Re:      Registration Statement on Form S-3

 

To the addressee set forth above:

 

We have acted as special counsel to Summit Hotel Properties, Inc., a Maryland corporation (the “Company”), in connection with the proposed issuance of up to 12,940,877 shares of common stock, $0.01 par value per share (the “Shares”), to the holders of common units of limited partnership interest (“OP Units”) of Summit Hotel OP, LP, a Delaware partnership and subsidiary of the Company (the “Partnership”), upon redemption of such OP Units by the holders thereof in accordance with the terms of the First Amended and Restated Agreement of Limited Partnership of the Partnership, as amended, which, with your consent, we have assumed is (i) a valid and binding agreement of the parties thereto, enforceable in accordance with the plain meaning of its terms, (ii) in full force and effect, and (iii) the entire agreement of the parties pertaining to the subject matter thereof (the “Partnership Agreement”). The Shares are included in a registration statement on Form S-3 (as amended, the “Registration Statement”) under the Securities Act of 1933, as amended (the “Act”), filed with the Securities and Exchange Commission (the “Commission”) on May 2, 2025.

 

This opinion is being furnished in connection with the requirements of Item 601(b)(5) of Regulation S-K under the Act, and no opinion is expressed herein as to any matter pertaining to the contents of the Registration Statement or the prospectus contained therein (the “Prospectus”), other than as expressly stated herein with respect to the issue of the Shares.

 

As such counsel, we have examined such matters of fact and questions of law as we have considered appropriate for purposes of this letter. With your consent, we have relied upon certificates and other assurances of officers of the Company and others as to factual matters without having independently verified such factual matters.
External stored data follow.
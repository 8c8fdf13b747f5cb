-- ===== src/Watcher/Poll/Frame.antt =====
-- What a poll leaves alone.
use garden_evm_watcher.Common.{
  pos_part, Dict, ◌∙◌, arith, ℕ, ◌≡◌, refl, List, Option, none, some, Outcome, ok, err, panic, view,
  returned, failed, crashed, Option-cases, inl, inr,
}
use garden_evm_watcher.Ethereum.{EthClient, Address, Hash, Log}
use garden_evm_watcher.Watcher.Types.{EventJob, Traffic, Watcher}
use garden_evm_watcher.Watcher.Dispatch.{Moment, dispatch, try_send, receive}
use garden_evm_watcher.Watcher.Dispatch.Capacity.{dispatch-keeps}
use garden_evm_watcher.Watcher.Poll.{
  block_range, filter_query, advance, process_all_contract_events, poll_client, poll_with,
  poll_events,
}

module _ {H : Type 0} where
  -- `v` differs from `w` in the current block and the traffic at most.
  pub record SameSetup (w v : Watcher H) : Type 0 where
    pub config : v.config ≡ w.config
    pub addresses : v.addresses ≡ w.addresses
    pub topics : v.topics ≡ w.topics
    pub address_to_handlers : v.address_to_handlers ≡ w.address_to_handlers
    pub quit : v.quit ≡ w.quit
    pub watchers : v.watchers ≡ w.watchers
    pub workers : v.workers ≡ w.workers
    pub closed : v.traffic.closed ≡ w.traffic.closed

  try_send-closed :
      (size : ℕ) (m : Moment) (job : EventJob H) (q : Traffic H)
      → (try_send size m job (receive m.receives q)).1.closed ≡ q.closed
  unfolding try_send receive
  try_send-closed size m job q = ground arith

  dispatch-closed :
      (size : ℕ) (table : Dict Address (Dict Hash H)) (logs : List Log) (ms : List Moment)
      (q : Traffic H)
      → (dispatch size table logs ms q).1.closed ≡ q.closed
  dispatch-closed size table logs ms q =
      dispatch-keeps (λ r. r.closed ≡ q.closed) size (λ m job r h. try_send-closed size m job r ∙ h)
        table logs ms q refl

  SameSetup-refl : (w : Watcher H) → SameSetup w w
  SameSetup-refl w = record {
    config = refl;
    addresses = refl;
    topics = refl;
    address_to_handlers = refl;
    quit = refl;
    watchers = refl;
    workers = refl;
    closed = refl;
  }

  advance-SameSetup :
      (w : Watcher H) (to_block : ℕ) (p : Outcome (Unit {0}) × Watcher H)
      → SameSetup w p.1
      → SameSetup w (advance to_block p).1
  advance-SameSetup w to_block (ok tt, v) s = record {
    config = s.config;
    addresses = s.addresses;
    topics = s.topics;
    address_to_handlers = s.address_to_handlers;
    quit = s.quit;
    watchers = s.watchers;
    workers = s.workers;
    closed = s.closed;
  }
  advance-SameSetup w to_block (err e, v) s = s
  advance-SameSetup w to_block (panic x, v) s = s

  process-SameSetup :
      (client : EthClient) (t : ℕ) (ms : List Moment) (f to_block : ℕ) (w : Watcher H)
      → SameSetup w (process_all_contract_events client t ms f to_block w).1
  unfolding process_all_contract_events
  process-SameSetup client t ms f to_block w =
      elim (view (client.filter_logs t (filter_query w f to_block))) [
        | failed e eq ↦ rw (eq, process_all_contract_events) (SameSetup-refl w)
        | crashed p eq ↦ rw (eq, process_all_contract_events) (SameSetup-refl w)
        | returned logs eq ↦
            rw (eq, process_all_contract_events)
              (record {
                config = refl;
                addresses = refl;
                topics = refl;
                address_to_handlers = refl;
                quit = refl;
                watchers = refl;
                workers = refl;
                closed =
                    dispatch-closed (pos_part w.config.queue_size) w.address_to_handlers logs ms
                      w.traffic;
              })
      ]

  poll_client-SameSetup :
      (client : EthClient) (t : ℕ) (ms : List Moment) (w : Watcher H)
      → SameSetup w (poll_client client t ms w).1
  unfolding poll_client
  poll_client-SameSetup client t ms w = elim (view (client.block_number t)) [
    | failed e eq ↦ rw (poll_client, eq) (SameSetup-refl w)
    | crashed p eq ↦ rw (poll_client, eq) (SameSetup-refl w)
    | returned latest eq ↦
        elim (Option-cases (block_range w.current_block latest w.config.max_block_span)) [
          | inl none_new ↦ rw (poll_client, eq, none_new) (SameSetup-refl w)
          | inr ((f, to_block), range) ↦
              rw (poll_client, eq, range)
                (advance-SameSetup w to_block _ (process-SameSetup client t ms f to_block w))
        ]
  ]

  poll_with-SameSetup :
      (client : Option EthClient) (t : ℕ) (ms : List Moment) (w : Watcher H)
      → SameSetup w (poll_with client t ms w).1
  unfolding poll_with
  poll_with-SameSetup none t ms w = SameSetup-refl w
  poll_with-SameSetup (some client) t ms w = poll_client-SameSetup client t ms w

  -- A poll changes nothing of the watcher but its current block and its traffic, and neither opens
  -- nor closes the channel.
  pub poll_events-SameSetup :
      (t : ℕ) (ms : List Moment) (w : Watcher H) → SameSetup w (poll_events t ms w).1
  unfolding poll_events
  poll_events-SameSetup t ms w = poll_with-SameSetup w.config.eth_client t ms w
We are opining herein as to the General Corporation Law of the State of Delaware (the “DGCL”), and we express no opinion with respect to the applicability thereto, or the effect thereon, of the laws of any other jurisdiction or, in the case of Delaware, any other laws, or as to any matters of municipal law or the laws of any local agencies within any state.

 

 

 

 

May 2, 2025
Page 2

 

 

Subject to the foregoing and the other matters set forth herein, it is our opinion that, as of the date hereof, when the Shares are issued and delivered by the Company in accordance with the terms and conditions set forth in the Partnership Agreement and in the manner contemplated by and in accordance with the Registration Statement, the issue of the Shares will have been duly authorized by all necessary corporate action of the Company, and the Shares will be validly issued, fully paid and nonassessable.

 

This opinion is for your benefit in connection with the Registration Statement and may be relied upon by you and by persons entitled to rely upon it pursuant to the applicable provisions of the Act. We consent to your filing this opinion as an exhibit to the Registration Statement and to the reference to our firm contained in the Prospectus under the heading “Legal Matters.” In giving such consent, we do not thereby admit that we are in the category of persons whose consent is required under Section 7 of the Act or the rules and regulations of the Commission thereunder.